14. In the table from your Psi-BLAST iterations, what happened to Total Hits, Number of New Hits in Description lines, and the E-value as the number of iterations increased? How do you know when to stop executing further iterations of Psi-BLAST? [8 pts]
The total hits vacillated and then stabilized at a number.  The number of new hits decreased rapidly with more iterations.  The E-values grouped closer together and were more similar to each other.  You stop when the hits converge and don't change (drop or add).
5
15. What is a Profile? [5 pts]
A profile is the conserved residues that result from a multiple sequence alignment.  Each position in the sequence is evaluated for the frequency of residues, and a position-based scoring matrix can be constructed.
 
16. What happens to the Profile during execution of a Psi-BLAST run? What does the resulting Profile describe? [8 pts]
The profile becomes the scoring matrix for further iterations of Psi-BLAST.  The resulting profile is then used as the scoring matrix for further iterations of the algorithm.  The Profile describes the family of proteins which were found to homologues of each other.
 
17. Is this the best Profile that can be achieved? Why or why not? [5 pts]
This is not the best profile possible due to length considerations and position-specific gap penalties.
 
18. How do your results, for both the BLASTP run and the Psi-BLAST complete run, compare with those of the Altschul et al Psi-BLAST paper, Table 3? How can you account for the differences? [5 pts]
The difference in numbers is due to the increase in the databases being searched.  The more sequences, the greater the probability of getting a hit.
 
19. For the MTG8 protein sequence, when you did your FILTER run you should have found that the first part of the sequence, a sequence like the following:

MPDRTEKHSTMPDSPVDVKTQSRL

was NOT filtered, whereas the adjacent sequence:

TPPTMPPPPTT

WAS filtered.

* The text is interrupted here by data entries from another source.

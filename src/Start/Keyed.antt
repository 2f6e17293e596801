-- ===== src/Start/Keyed.antt =====
-- What the step of `start` for the network key changes, and what it leaves for the patches.
use patchwork.Prelude.{
  ℕ, ◌+◌, ◌%◌, ◌^◌, ◌<◌, ◌≡◌, ◌≢◌, refl, ◌∙◌, Bool, true, false, some, List, [], ◌∷◌, ◌==◌,
  if◌then◌else◌, length, get_or, arith,
}
use native.Mathlib.Decide.{ℕ_discrete}
use patchwork.Memory.{Memory, load_pointer, store_word, load_pointer-store_word, store_word-Outside}
use patchwork.Text.Trim.{strip_rest, trim_end-strip_rest}
use patchwork.Http.{Sha256}
use patchwork.Hooks.Patches.{Symbols}
use patchwork.Update.{line}
use patchwork.Start.{Services, ScriptHooks, Locals, PatchworkConfigOptions, write_bytes, big_endian}
use patchwork.Start.Steps.{copy_hashed_join_key, setup_join_key}
use patchwork.Start.Configured.{strip_rest-length, string_at-IsString, write_bytes-get_or}
use patchwork.Start.Wording.{write_bytes-Outside}
use patchwork.Start.Layout.{Owned, Changes, Owned-Outside}
use patchwork.Start.Objects.{IsOption, network_key_word, join_key_hash_bytes, key_text}

module _ (owner : ℕ → ℕ) (fuel : ℕ) where
  module _ {W : Type 0} (v : Services W) (sha : Sha256) (s : Symbols) (hooks : ScriptHooks)
      (locals : Locals) where
    module _ (options : PatchworkConfigOptions) (key : List ℕ) (m : Memory) (w : W) where
      -- The network key points at the digest of the stripped key, or of the time if there is none; it
      -- stays `NULL` if the key is disabled.
      pub record IsKeySet : Type 0 where
        pub randomized : Bool
        pub memory : Memory
        pub world : W
        pub returns :
            setup_join_key v sha s hooks locals fuel options (m, w)
            ≡ some (randomized, (memory, world))
        pub changes :
            Changes owner (network_key_word ∷ join_key_hash_bytes ∷ key_text ∷ []) m memory
        pub pointer :
            load_pointer memory s.network_key
            ≡ (if options.enable_join_key == 0 then 0 else locals.join_key_hash)
        pub hashed : List ℕ
        pub hashed_key : options.join_key ≢ 0 → hashed ≡ strip_rest key
        pub digest :
            options.enable_join_key ≢ 0
            → (i : ℕ) → i < 32
            → memory (locals.join_key_hash + i) ≡ get_or (sha.digest hashed) i 0

      module _ (sized : (bytes : List ℕ) → length (sha.digest bytes) ≡ 32)
          (unset : load_pointer m s.network_key ≡ 0) (bound : locals.join_key_hash < 2 ^ 32)
          (word : Owned owner s.network_key 4 network_key_word)
          (buffer : Owned owner locals.join_key_hash 32 join_key_hash_bytes) where
        no_key : options.enable_join_key ≡ 0 → IsKeySet
        unfolding setup_join_key
        no_key disabled = record {
          randomized = false;
          memory = m;
          world = w;
          returns = rw disabled refl;
          changes = λ a off. refl;
          pointer = unset ∙ ground arith;
          hashed = strip_rest key;
          hashed_key = λ _. refl;
          digest = λ enabled. absurd (enabled disabled);
        }

        -- The digest is stored, and the pointer set to it.
        stored_digest : Memory → List ℕ → Memory
        stored_digest m1 bytes =
            store_word (write_bytes m1 locals.join_key_hash (sha.digest bytes)) s.network_key
              locals.join_key_hash

        stored_digest-Changes :
            (m1 : Memory) (bytes : List ℕ)
            → Changes owner (key_text ∷ []) m m1
            → Changes owner
                (network_key_word ∷ join_key_hash_bytes ∷ key_text ∷ [])
                m
                (stored_digest m1 bytes)
        unfolding stored_digest
        stored_digest-Changes m1 bytes before a off =
            let hashed = write_bytes m1 locals.join_key_hash (sha.digest bytes) in
            let size = sized bytes in
            store_word-Outside hashed s.network_key locals.join_key_hash a
              (Owned-Outside owner s.network_key 4 network_key_word a word (λ e. ground arith))
            ∙ write_bytes-Outside m1 locals.join_key_hash (sha.digest bytes) a (
                rw (size) (
                  Owned-Outside owner locals.join_key_hash 32 join_key_hash_bytes a buffer
                    (λ e. ground arith)))
            ∙ before a (ground arith)

        stored_digest-get_or :
            (m1 : Memory) (bytes : List ℕ) (i : ℕ)
            → i < 32
            → stored_digest m1 bytes (locals.join_key_hash + i) ≡ get_or (sha.digest bytes) i 0
        unfolding stored_digest
        stored_digest-get_or m1 bytes i below =
            let hashed = write_bytes m1 locals.join_key_hash (sha.digest bytes) in
            store_word-Outside hashed s.network_key locals.join_key_hash (locals.join_key_hash + i)
              (Owned-Outside owner s.network_key 4 network_key_word (locals.join_key_hash + i) word
                (λ e. absurd (omega (arith, buffer i below))))
            ∙ write_bytes-get_or m1 locals.join_key_hash (sha.digest bytes) i
                (omega (arith, sized bytes))

        random_key : options.enable_join_key ≢ 0 → options.join_key ≡ 0 → IsKeySet
        unfolding setup_join_key copy_hashed_join_key stored_digest
        random_key enabled none_given =
            let now = v.sys_time_get_current_time w in
            let time = big_endian 8 ((now.1 + now.0) % 2 ^ 64) in
            record {
              randomized = true;
              memory = stored_digest m time;
              world = v.platform.log_ln (line "Setup join key") now.2;
              returns = ground arith;
              changes = stored_digest-Changes m time (λ a off. refl);
              pointer =
                  load_pointer-store_word (write_bytes m locals.join_key_hash (sha.digest time))
                    s.network_key locals.join_key_hash bound
                  ∙ ground arith;
              hashed = time;
              hashed_key = λ given. absurd (given none_given);
              digest = λ _. stored_digest-get_or m time;
            }

        given_key :
            options.enable_join_key ≢ 0
            → options.join_key ≢ 0
            → IsOption owner fuel key_text options.join_key key m
            → IsKeySet
        unfolding setup_join_key copy_hashed_join_key stored_digest
        given_key enabled given string =
            let (m1, returned, stripped, same) =
              trim_end-strip_rest fuel m options.join_key key given string.enough string.here in
            let shorter = strip_rest-length key in
            let enough = string.enough in
            let read =
              string_at-IsString fuel m1 options.join_key (strip_rest key) (omega arith) stripped in
            record {
              randomized = false;
              memory = stored_digest m1 (strip_rest key);
              world = v.platform.log_ln (line "Setup join key") w;
              returns = ground (arith, returned, read);
              changes = stored_digest-Changes m1 (strip_rest key) (λ a off.
                  let away =
                    Owned-Outside owner options.join_key (length key + 1) key_text a string.owned
                      (λ e. ground arith) in
                  same a (λ e. absurd (omega arith)));
              pointer =
                  load_pointer-store_word
                    (write_bytes m1 locals.join_key_hash (sha.digest (strip_rest key)))
                    s.network_key locals.join_key_hash bound
                  ∙ ground arith;
              hashed = strip_rest key;
              hashed_key = λ _. refl;
              digest = λ _. stored_digest-get_or m1 (strip_rest key);
            }

        pub setup_join_key-IsKeySet :
            (options.join_key ≢ 0 → IsOption owner fuel key_text options.join_key key m) → IsKeySet
        setup_join_key-IsKeySet string = elim (ℕ_discrete options.enable_join_key 0) [
          | yes disabled ↦ no_key disabled
          | no enabled ↦ elim (ℕ_discrete options.join_key 0) [
            | yes none_given ↦ random_key enabled none_given
            | no given ↦ given_key enabled given (string given)
          ]
        ]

For each of these two total sequences, calculate the Complexity Kw. Calculate also the Complexity of the "most complex" and of the "least complex" protein sequences for each of these two sequence lengths. How does the Complexity of each of these MTG8 sequences compare with the comparable "most" and "least" complex Complexity values? [20 pts]

Complexity K1 = Log W / L
L = window size
W = L! / Pni

MPDRTEKHSTMPDSPVDVKTQSRL= count vector, ignoring 0, is (3,3,3,3,2,2,2,2,1,1,1,1)
W = 24! / 3! 3! 3! 3! 2! 2! 2! 1! 1! 1! 1! = 1.62 x 10 21
K1 = Log W / L = (log20 2.99 x 10 19) / 24 = 0.623

TPPTMPPPPTT count vector is (6,4,1)
W = 11! / 6! 4! 1!= 2310
K1 = Log W / L = log20 2310 / 11 = 0.235

The complexity of the least complex word is always zero since W = 1. The complexity of the most complex word depends on its length. Note that for a length of 24, the most complex protein sequence would have a count vector (2,2,2,2,1,1,1,1,1,1,1,1,1,1,1,1). For a length of 24, the most complex word would therefore be K1 = 0.723, and for a length of 11, K1 = 0.531. The first sequence is about 86% of the maximum complexity and the second is about 44% of the maximum complexity when compared to the maximum possible values.